§ **What the task requires**
Print each line from the start of the records below up through the line where "handler_if_named false h = none" is found, exactly as given.
[[ The input, beginning ]]
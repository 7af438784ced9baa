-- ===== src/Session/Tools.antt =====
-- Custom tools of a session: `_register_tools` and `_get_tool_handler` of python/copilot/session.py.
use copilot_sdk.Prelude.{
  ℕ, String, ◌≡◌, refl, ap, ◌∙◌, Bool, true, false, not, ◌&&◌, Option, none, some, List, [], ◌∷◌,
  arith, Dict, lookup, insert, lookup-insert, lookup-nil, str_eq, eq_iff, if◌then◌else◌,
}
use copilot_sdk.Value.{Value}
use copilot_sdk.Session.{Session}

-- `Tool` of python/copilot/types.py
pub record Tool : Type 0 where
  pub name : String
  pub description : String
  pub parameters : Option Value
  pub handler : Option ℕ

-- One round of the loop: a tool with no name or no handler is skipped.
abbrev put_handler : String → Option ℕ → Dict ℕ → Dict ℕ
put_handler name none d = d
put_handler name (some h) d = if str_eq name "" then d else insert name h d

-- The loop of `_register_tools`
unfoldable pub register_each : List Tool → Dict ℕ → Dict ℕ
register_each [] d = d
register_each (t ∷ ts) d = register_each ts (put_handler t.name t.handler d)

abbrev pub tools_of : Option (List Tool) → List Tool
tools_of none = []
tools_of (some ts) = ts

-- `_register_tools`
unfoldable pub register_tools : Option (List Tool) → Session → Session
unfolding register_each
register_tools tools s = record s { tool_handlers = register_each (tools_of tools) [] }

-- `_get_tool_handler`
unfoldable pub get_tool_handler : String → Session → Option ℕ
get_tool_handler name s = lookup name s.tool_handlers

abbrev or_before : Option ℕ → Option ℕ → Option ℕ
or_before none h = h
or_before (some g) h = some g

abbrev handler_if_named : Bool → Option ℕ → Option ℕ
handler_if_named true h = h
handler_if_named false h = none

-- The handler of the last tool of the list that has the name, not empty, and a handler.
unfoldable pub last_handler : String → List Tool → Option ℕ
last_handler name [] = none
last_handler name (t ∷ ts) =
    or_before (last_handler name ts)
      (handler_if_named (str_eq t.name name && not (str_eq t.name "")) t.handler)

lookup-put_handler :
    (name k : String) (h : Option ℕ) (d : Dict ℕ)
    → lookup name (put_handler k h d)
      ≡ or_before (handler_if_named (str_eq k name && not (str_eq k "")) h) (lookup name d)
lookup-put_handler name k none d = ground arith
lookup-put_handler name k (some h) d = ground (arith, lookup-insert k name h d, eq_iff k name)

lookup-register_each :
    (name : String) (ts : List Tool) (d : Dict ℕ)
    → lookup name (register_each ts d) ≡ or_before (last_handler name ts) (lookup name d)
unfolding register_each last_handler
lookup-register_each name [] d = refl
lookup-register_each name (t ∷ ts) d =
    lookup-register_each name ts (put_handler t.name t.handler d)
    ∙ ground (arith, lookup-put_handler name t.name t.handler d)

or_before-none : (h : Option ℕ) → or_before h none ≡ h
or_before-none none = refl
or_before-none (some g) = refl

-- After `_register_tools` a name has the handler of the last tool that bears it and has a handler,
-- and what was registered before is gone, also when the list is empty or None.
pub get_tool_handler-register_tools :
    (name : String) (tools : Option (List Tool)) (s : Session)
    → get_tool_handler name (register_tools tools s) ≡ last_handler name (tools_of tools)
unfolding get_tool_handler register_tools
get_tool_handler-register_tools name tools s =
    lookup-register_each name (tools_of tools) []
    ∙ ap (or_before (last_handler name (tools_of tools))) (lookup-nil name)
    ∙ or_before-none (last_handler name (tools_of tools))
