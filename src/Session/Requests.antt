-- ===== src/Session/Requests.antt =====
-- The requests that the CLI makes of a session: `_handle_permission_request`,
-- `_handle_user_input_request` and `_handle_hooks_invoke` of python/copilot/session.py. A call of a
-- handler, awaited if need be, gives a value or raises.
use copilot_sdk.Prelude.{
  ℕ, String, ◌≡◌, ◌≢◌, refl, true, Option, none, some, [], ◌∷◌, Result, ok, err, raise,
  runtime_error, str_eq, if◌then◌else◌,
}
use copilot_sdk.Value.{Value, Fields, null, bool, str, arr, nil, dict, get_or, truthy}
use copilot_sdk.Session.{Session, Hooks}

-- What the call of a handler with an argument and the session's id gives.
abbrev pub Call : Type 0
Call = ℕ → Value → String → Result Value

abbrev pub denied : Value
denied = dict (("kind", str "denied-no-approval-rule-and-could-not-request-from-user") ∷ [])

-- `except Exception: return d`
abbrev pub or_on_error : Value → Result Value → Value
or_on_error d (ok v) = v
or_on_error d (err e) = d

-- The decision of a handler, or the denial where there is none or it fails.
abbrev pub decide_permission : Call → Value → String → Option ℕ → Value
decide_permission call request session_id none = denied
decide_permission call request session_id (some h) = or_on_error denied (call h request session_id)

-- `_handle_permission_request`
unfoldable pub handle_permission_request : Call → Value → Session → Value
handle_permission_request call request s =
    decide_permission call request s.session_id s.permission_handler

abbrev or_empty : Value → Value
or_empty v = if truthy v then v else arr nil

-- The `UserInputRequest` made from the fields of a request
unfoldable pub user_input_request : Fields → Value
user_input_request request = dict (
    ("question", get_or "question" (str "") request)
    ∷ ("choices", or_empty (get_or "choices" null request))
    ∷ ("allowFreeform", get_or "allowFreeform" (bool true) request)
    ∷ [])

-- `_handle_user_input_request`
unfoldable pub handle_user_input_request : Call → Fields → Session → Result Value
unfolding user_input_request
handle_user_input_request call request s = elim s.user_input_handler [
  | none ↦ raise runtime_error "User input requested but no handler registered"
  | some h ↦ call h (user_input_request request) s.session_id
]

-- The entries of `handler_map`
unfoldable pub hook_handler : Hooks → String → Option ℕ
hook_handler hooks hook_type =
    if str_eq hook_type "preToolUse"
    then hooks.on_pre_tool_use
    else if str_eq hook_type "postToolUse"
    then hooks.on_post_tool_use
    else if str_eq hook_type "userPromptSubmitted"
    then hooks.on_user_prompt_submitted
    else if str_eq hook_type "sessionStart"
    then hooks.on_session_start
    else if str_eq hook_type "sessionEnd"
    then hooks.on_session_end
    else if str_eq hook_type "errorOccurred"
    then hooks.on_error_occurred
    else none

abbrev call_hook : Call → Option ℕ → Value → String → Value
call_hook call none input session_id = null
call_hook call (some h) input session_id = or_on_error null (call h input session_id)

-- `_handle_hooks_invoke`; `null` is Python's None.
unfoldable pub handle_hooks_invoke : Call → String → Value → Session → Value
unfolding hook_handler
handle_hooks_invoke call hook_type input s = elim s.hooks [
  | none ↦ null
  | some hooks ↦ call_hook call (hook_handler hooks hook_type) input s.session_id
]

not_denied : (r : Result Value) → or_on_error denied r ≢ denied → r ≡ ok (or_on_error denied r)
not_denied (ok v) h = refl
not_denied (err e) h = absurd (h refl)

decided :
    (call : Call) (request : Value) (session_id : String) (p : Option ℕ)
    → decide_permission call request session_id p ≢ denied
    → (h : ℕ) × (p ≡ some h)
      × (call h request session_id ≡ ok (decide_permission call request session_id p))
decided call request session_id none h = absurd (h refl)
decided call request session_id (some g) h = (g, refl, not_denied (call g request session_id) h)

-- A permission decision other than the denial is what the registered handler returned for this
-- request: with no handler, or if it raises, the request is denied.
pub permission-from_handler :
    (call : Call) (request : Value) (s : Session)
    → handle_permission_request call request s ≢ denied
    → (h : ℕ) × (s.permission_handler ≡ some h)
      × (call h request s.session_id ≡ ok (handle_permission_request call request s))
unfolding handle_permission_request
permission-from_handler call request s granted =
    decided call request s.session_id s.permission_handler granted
[[ The input, end ]]
§ **Solution for this exercise**
repository 7af438784ced9baa
-- ===== src/Session/Tools.antt =====
-- Custom tools of a session: `_register_tools` and `_get_tool_handler` of python/copilot/session.py.
use copilot_sdk.Prelude.{
  ℕ, String, ◌≡◌, refl, ap, ◌∙◌, Bool, true, false, not, ◌&&◌, Option, none, some, List, [], ◌∷◌,
  arith, Dict, lookup, insert, lookup-insert, lookup-nil, str_eq, eq_iff, if◌then◌else◌,
}
use copilot_sdk.Value.{Value}
use copilot_sdk.Session.{Session}

-- `Tool` of python/copilot/types.py
pub record Tool : Type 0 where
  pub name : String
  pub description : String
  pub parameters : Option Value
  pub handler : Option ℕ

-- One round of the loop: a tool with no name or no handler is skipped.
abbrev put_handler : String → Option ℕ → Dict ℕ → Dict ℕ
put_handler name none d = d
put_handler name (some h) d = if str_eq name "" then d else insert name h d

-- The loop of `_register_tools`
unfoldable pub register_each : List Tool → Dict ℕ → Dict ℕ
register_each [] d = d
register_each (t ∷ ts) d = register_each ts (put_handler t.name t.handler d)

abbrev pub tools_of : Option (List Tool) → List Tool
tools_of none = []
tools_of (some ts) = ts

-- `_register_tools`
unfoldable pub register_tools : Option (List Tool) → Session → Session
unfolding register_each
register_tools tools s = record s { tool_handlers = register_each (tools_of tools) [] }

-- `_get_tool_handler`
unfoldable pub get_tool_handler : String → Session → Option ℕ
get_tool_handler name s = lookup name s.tool_handlers

abbrev or_before : Option ℕ → Option ℕ → Option ℕ
or_before none h = h
or_before (some g) h = some g

abbrev handler_if_named : Bool → Option ℕ → Option ℕ
handler_if_named true h = h
handler_if_named false h = none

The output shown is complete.